# What is hunting coming to?



## jiggin'fool (Dec 18, 2005)

Now I am only 23 so I am not real familiar with the "good ole days"! but I remember when you could walk up to a farmers house make a little small talk and next week go out and shoot some squirrels or deer! seems like now everyone wants to make a little money on us hunters and it is everywhere you go! I look online and see land for lease where the farmer says over-run with deer cant stand em they are ruining my crops need hunters to take them out... only $6,000 for one year... only 4 people aloud on 300 acres! that is what I don't get! I hunted some excellent AEP land that was not on any of there maps so it was almost like hunting private land until gun season! another coal company bought it and now they kick us off! they tell us they are going to lease it! great!! we have 10 guys that want to do it!! the guy that runs the land will not return our calls now hmmmmmm..... CNX coal is who owns it now!! I have invested 5 years hunting that 500 acres and I know it inside and out.... now its gone.... it just sucks and I needed to vent cause that really pisses me off!!!!!!!!!!!!! just when you know where the big bucks go during gun season and where they go to rut and where everything is at there it goes! anyone feel my pain?


----------



## ARGEE (Apr 5, 2004)

Everyone Is After The Almighty Dollar..they See It On Tv And Say We Can Do That..texas Has Been That Way A Long Time..people Are Now Raising Deer Like Cattle...they Can Make More Money Selling Big Deer With Big Racks Than Cattle...look It Up Sometime..there Are 100"s Of People In Ohio Raising Deer..a Big Racked Deer Can Go For 5-10,000$ And Up...ask Jimmy Houston--he Knows


----------



## peple of the perch (Sep 13, 2004)

one of my friends knows a guy who owns 250 acres and he also gets a coeple of guys out their its like 1500 dollars a week


----------



## crankus_maximus (Apr 14, 2004)

Keep it non-political.
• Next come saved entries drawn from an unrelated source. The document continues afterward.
-- ===== src/Query/Sound/Chunks.antt =====
-- The calls of QueryCursor keep `IsSound`.
use duckdb_data.Query.Types.{
  HttpRequest, QueryResponse, QueryOptions, QueryError, Environment, Run, bind_result, pure, throw,
  unsafe_chunk_url, ◌>>◌, ResultChunk,
}
use duckdb_data.Query.Checks.{trim_trailing_slash, is_safe_chunk_path, query_prefix}
use duckdb_data.Query.Session.{
  is_numbered, remember_query_id, accept, finish, check_active, send, decode,
}
use duckdb_data.Query.Cursor.{
  chunk_url, get_request, is_visited, ask_numbered, ask_followed, take_response, fetch,
  next_numbered, next_followed, next_direct, next_chunk_body, next_chunk,
}
use duckdb_data.Query.Sound.{endpoint, AreConfined, Fits, IsSound, Keeps, then-Keeps}
use duckdb_data.Query.Sound.Steps.{
  starts_with-append, query_url-starts_with, try_or_cancel-Keeps, remember_query_id-Keeps,
  finish-Keeps, check_active-Keeps, send-Keeps, decode-Keeps, accept-Keeps,
}
use duckdb_data.Base.{
  ◌≡◌, refl, sym, subst, Bool, true, false, not, ◌||◌, Option, none, some, List, [], ◌∷◌, ◌++◌,
  arith, leb, if◌then◌else◌, if-holds, Bytes, codes, is_empty, starts_with, to_string, Result,
}

starts_with-shorter : (p s x : Bytes) → starts_with (p ++ s) x ≡ true → starts_with p x ≡ true
unfolding starts_with
starts_with-shorter [] s x h = refl
starts_with-shorter (c ∷ p) s [] h = h
starts_with-shorter (c ∷ p) s (d ∷ x) h = ground (arith, h, starts_with-shorter p s x)

safe_path-starts_with :
    (path : Bytes) → is_safe_chunk_path path ≡ true → starts_with query_prefix path ≡ true
unfolding is_safe_chunk_path
safe_path-starts_with path h = ground (arith, h)

-- Behind the tenant, a safe path leads below the endpoint.
safe_path-endpoint :
    (u path : Bytes)
    → is_safe_chunk_path path ≡ true
    → starts_with (endpoint u) (trim_trailing_slash u ++ path) ≡ true
safe_path-endpoint u path h =
    starts_with-append (trim_trailing_slash u) (codes "/api/v3/query") path
      (starts_with-shorter (codes "/api/v3/query") (codes "/") path (safe_path-starts_with path h))

safe_of : (safe visited : Bool) → not safe || visited ≡ false → safe ≡ true
safe_of safe visited h = ground (arith, h)

module _ (u token : Bytes) (o : QueryOptions) where
  -- A GET of `url` by the session.
  pub get_request-AreConfined :
      (url i accept : Bytes) (q : HttpRequest) (sent : List HttpRequest)
      → starts_with (endpoint u) url ≡ true
      → AreConfined u token i q sent
      → AreConfined u token i (record (get_request url q) { accept = accept }) sent
  unfolding AreConfined
  get_request-AreConfined url i accept q sent e (a, c, h) = (a, (e, c.1, c.2), h)

  pub AreConfined-instance_url :
      (i : Bytes) (q : HttpRequest) (sent : List HttpRequest) → AreConfined u token i q sent → i ≡ u
  unfolding AreConfined
  AreConfined-instance_url i q sent h = h.0

  ask_numbered-Keeps : (w : Run) → IsSound u token o w → IsSound u token o (ask_numbered w)
  ask_numbered-Keeps w h =
      let s = w.session in
      let e = AreConfined-instance_url s.instance_url s.request w.sent h.0 in
      (
        get_request-AreConfined (chunk_url s) s.instance_url s.request.accept s.request w.sent
            (query_url-starts_with u s (codes "/chunks/" ++ to_string s.next_chunk_index) e) h.0,
        h.1,
      )

  ask_followed-Keeps :
      (w : Run)
      → is_safe_chunk_path w.session.next_url ≡ true
      → IsSound u token o w
      → IsSound u token o (ask_followed w)
  ask_followed-Keeps w safe h =
      let s = w.session in
      let e = AreConfined-instance_url s.instance_url s.request w.sent h.0 in
      (
        get_request-AreConfined (trim_trailing_slash s.instance_url ++ s.next_url) s.instance_url
            s.request.accept s.request w.sent
            (subst (λ x. starts_with (endpoint u) (trim_trailing_slash x ++ s.next_url) ≡ true)
              (sym e) (safe_path-endpoint u s.next_url safe))
            h.0,
        h.1,
      )

  pub finish-none-Keeps :
      (A : Type 0) (w : Run)
      → IsSound u token o w
      → IsSound u token o (bind_result (finish w) λ _. pure {A = Option A} none).1
  finish-none-Keeps A w h =
      then-Keeps (IsSound u token o) (finish w) (λ _. pure {A = Option A} none)
        (finish-Keeps u token o w h) (λ a v p. p)

  abbrev Holds : (A : Type 0) → Result QueryError A × Run → Type 0
  Holds A x = IsSound u token o x.1

  module _ (fits : Fits o) (env : Environment) where
    take_response-Keeps : (r : QueryResponse) → Keeps (IsSound u token o) (take_response env r)
    unfolding take_response
    take_response-Keeps r w h =
        then-Keeps (IsSound u token o) (remember_query_id r w) _
          (remember_query_id-Keeps u token o r w h)
          (λ a v p.
            then-Keeps (IsSound u token o) (check_active env v) _
              (check_active-Keeps u token o env v p)
              (λ b x q.
                then-Keeps (IsSound u token o) (accept r x) _ (accept-Keeps u token o fits r x q)
                  (λ c y s. s)))

    fetch-Keeps : Keeps (IsSound u token o) (fetch env)
    fetch-Keeps w h =
        then-Keeps (IsSound u token o) (send env w) _ (send-Keeps u token o fits env w h)
          (λ answer v p.
            then-Keeps (IsSound u token o) (decode env answer v) _
              (decode-Keeps u token o env answer v p) take_response-Keeps)

    next_numbered-Keeps : Keeps (IsSound u token o) (next_numbered env)
    unfolding next_numbered
    next_numbered-Keeps w h =
        if-holds (Holds (Option ResultChunk))
          (leb w.session.expected_chunks w.session.next_chunk_index) ((finish >> pure none) w)
          (fetch env (ask_numbered w)) (λ e. finish-none-Keeps ResultChunk w h)
          (λ e. fetch-Keeps (ask_numbered w) (ask_numbered-Keeps w h))

    next_followed-Keeps : Keeps (IsSound u token o) (next_followed env)
    unfolding next_followed
    next_followed-Keeps w h =
        if-holds (Holds (Option ResultChunk)) (is_empty w.session.next_url)
          ((finish >> pure none) w)
          (if not (is_safe_chunk_path w.session.next_url)
              || is_visited w.session.next_url w.session.visited_urls
            then throw unsafe_chunk_url w
            else fetch env (ask_followed w))
          (λ e. finish-none-Keeps ResultChunk w h)
          (λ e.
            if-holds (Holds (Option ResultChunk))
              (not (is_safe_chunk_path w.session.next_url)
                || is_visited w.session.next_url w.session.visited_urls)
              (throw unsafe_chunk_url w) (fetch env (ask_followed w)) (λ k. h)
              (λ k. fetch-Keeps (ask_followed w) (
                ask_followed-Keeps w
                  (safe_of (is_safe_chunk_path w.session.next_url)
                    (is_visited w.session.next_url w.session.visited_urls) k)
                  h)))

    next_direct-Keeps :
        (buffered : Option QueryResponse) → Keeps (IsSound u token o) (next_direct env buffered)
    unfolding next_direct
    next_direct-Keeps none w h = next_followed-Keeps w h
    next_direct-Keeps (some r) w h =
        take_response-Keeps r (record w { session = record w.session { buffered_direct = none } }) h

    next_chunk_body-Keeps : Keeps (IsSound u token o) (next_chunk_body env)
    unfolding next_chunk_body
    next_chunk_body-Keeps w h =
        if-holds (Holds (Option ResultChunk)) (is_numbered w.session.mode) (next_numbered env w)
          (next_direct env w.session.buffered_direct w) (λ e. next_numbered-Keeps w h)
          (λ e. next_direct-Keeps w.session.buffered_direct w h)

    pub next_chunk-Keeps : Keeps (IsSound u token o) (next_chunk env)
    unfolding next_chunk
    next_chunk-Keeps w h =
        let body = try_or_cancel-Keeps u token o (next_chunk_body env) next_chunk_body-Keeps w h in
        ground (arith, h, body)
Please.


----------



## swantucky (Dec 21, 2004)

I have mixed feelings about this. Do I want to pay to hunt???? Heck no! But I can see why a farmer would want to make a few $$$ on leasing prime land. Why give away what you can sell. With the quality of the bucks coming out of Ohio we are becoming like Kansas, Texas, etc, guys will pay big $$$ from out of state to hunt. Do you think there would be "ranches" like Jimmy Houston hunted if there was not a demand for $10,000 hunts.


----------



## Whaler (Nov 16, 2004)

My buddy and I used to deer hunt in Guernsey County on coal company land. There were coal lands all over that particular area and they didn't care if you hunted it or not. Then Shell Oil bought a lot of it and what they didn't want of it they sold to a local real estate company who then broke it up into five acre parcels and sold them. We were'nt able to hunt there any more and were lucky enough to find a farm for sale which four of us went together and bought. Land down there was cheap but like anything else it has quadrupled in price since then.


----------



## lv2fish (Jun 23, 2005)

I got tired of losing all of my hunting land in the last 20 years, mainly family farms that sold out to development, etc....same old story, we all know it. I did what I could only do, go buy my own land to hunt on and manage it for your own style. I had to go all the way to the Ohio River, but found land for under a $1000 per acre, pi$$ed the wife off, paid on it for 7 years, but now I have 50 acres and it's not going anywhere. My grandkids will have a place to hunt. We all hate to say it, but that's the real problem, land is too scarce and population continues to grow. My land is not the best hunting in the state, but it's mine and I don't have to worry about were I am going to hunt anymore. I feel your pain, I think everyone I know who is a sportsman has and continues to be effected by it.


----------



## Walter Adkins (May 20, 2004)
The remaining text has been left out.